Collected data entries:
☆ ☆ ☆ ☆

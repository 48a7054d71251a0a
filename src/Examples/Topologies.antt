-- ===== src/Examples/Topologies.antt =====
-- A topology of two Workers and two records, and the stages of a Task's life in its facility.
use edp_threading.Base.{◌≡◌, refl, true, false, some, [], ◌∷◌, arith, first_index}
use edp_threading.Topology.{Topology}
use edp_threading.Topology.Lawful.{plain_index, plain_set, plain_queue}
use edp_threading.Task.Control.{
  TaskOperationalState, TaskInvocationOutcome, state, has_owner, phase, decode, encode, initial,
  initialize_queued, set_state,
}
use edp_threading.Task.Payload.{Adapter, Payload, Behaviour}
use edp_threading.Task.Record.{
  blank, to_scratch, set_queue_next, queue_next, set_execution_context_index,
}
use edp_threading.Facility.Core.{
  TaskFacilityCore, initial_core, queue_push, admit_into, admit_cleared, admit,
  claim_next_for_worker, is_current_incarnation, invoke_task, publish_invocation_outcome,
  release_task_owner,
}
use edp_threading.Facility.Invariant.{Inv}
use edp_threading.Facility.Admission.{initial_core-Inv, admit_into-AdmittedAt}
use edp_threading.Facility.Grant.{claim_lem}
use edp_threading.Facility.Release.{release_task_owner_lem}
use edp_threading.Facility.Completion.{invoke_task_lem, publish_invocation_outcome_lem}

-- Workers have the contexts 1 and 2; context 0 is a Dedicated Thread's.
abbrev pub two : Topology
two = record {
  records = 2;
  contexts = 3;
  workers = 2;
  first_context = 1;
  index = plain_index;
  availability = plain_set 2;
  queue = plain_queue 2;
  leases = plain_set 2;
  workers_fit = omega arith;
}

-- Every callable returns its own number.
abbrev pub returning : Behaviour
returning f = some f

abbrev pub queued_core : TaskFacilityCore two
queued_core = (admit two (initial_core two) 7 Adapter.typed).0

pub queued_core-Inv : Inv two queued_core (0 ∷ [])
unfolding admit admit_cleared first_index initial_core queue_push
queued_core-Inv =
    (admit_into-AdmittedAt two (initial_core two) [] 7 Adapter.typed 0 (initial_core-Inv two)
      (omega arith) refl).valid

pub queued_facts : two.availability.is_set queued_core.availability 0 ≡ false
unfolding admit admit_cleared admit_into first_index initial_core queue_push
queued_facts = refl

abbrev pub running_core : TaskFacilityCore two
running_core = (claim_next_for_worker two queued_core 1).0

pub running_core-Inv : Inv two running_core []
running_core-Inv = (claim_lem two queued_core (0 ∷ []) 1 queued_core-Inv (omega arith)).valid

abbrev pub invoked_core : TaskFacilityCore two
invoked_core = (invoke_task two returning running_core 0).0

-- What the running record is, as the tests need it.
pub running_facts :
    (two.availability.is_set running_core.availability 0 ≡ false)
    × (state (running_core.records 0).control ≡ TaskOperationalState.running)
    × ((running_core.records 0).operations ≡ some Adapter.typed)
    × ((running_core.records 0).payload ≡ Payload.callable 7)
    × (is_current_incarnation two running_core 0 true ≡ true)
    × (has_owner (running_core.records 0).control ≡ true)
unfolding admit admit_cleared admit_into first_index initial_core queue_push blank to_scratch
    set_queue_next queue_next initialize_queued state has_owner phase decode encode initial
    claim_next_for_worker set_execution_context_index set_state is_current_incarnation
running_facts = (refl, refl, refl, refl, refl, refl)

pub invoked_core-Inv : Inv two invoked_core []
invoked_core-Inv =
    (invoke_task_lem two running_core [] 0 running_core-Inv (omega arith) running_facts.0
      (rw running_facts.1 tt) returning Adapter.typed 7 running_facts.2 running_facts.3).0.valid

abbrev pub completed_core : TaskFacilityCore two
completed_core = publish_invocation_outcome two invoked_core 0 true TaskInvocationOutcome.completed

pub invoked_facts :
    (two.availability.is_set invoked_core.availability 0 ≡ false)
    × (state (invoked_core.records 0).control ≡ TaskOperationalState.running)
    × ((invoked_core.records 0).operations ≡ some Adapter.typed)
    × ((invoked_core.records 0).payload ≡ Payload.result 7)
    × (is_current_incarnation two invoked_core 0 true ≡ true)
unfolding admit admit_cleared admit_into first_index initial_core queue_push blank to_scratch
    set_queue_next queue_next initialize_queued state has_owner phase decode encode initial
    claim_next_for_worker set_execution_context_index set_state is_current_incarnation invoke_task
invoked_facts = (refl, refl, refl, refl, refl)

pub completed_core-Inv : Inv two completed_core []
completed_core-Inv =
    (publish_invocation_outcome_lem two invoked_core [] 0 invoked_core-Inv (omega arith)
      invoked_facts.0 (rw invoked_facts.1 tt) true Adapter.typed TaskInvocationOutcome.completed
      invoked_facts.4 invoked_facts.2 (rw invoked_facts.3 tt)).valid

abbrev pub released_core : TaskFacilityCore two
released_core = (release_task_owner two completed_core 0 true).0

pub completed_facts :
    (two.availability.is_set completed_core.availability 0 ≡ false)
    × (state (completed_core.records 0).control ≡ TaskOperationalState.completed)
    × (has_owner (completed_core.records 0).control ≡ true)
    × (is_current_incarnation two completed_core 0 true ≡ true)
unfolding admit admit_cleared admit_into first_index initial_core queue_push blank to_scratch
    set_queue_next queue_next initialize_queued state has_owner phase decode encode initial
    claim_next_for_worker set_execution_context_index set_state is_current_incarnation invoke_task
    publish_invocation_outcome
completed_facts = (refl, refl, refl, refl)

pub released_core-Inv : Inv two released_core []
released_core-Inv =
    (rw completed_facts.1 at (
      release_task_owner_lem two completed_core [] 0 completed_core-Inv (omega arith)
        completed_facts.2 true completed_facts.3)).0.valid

☆ ☆ ☆ ☆

▸ PROBLEM STATEMENT: Search the entries for the word "contexts". Copy each line where it appears.

▸ TASK ANSWER:
-- Workers have the contexts 1 and 2; context 0 is a Dedicated Thread's.
  contexts = 3;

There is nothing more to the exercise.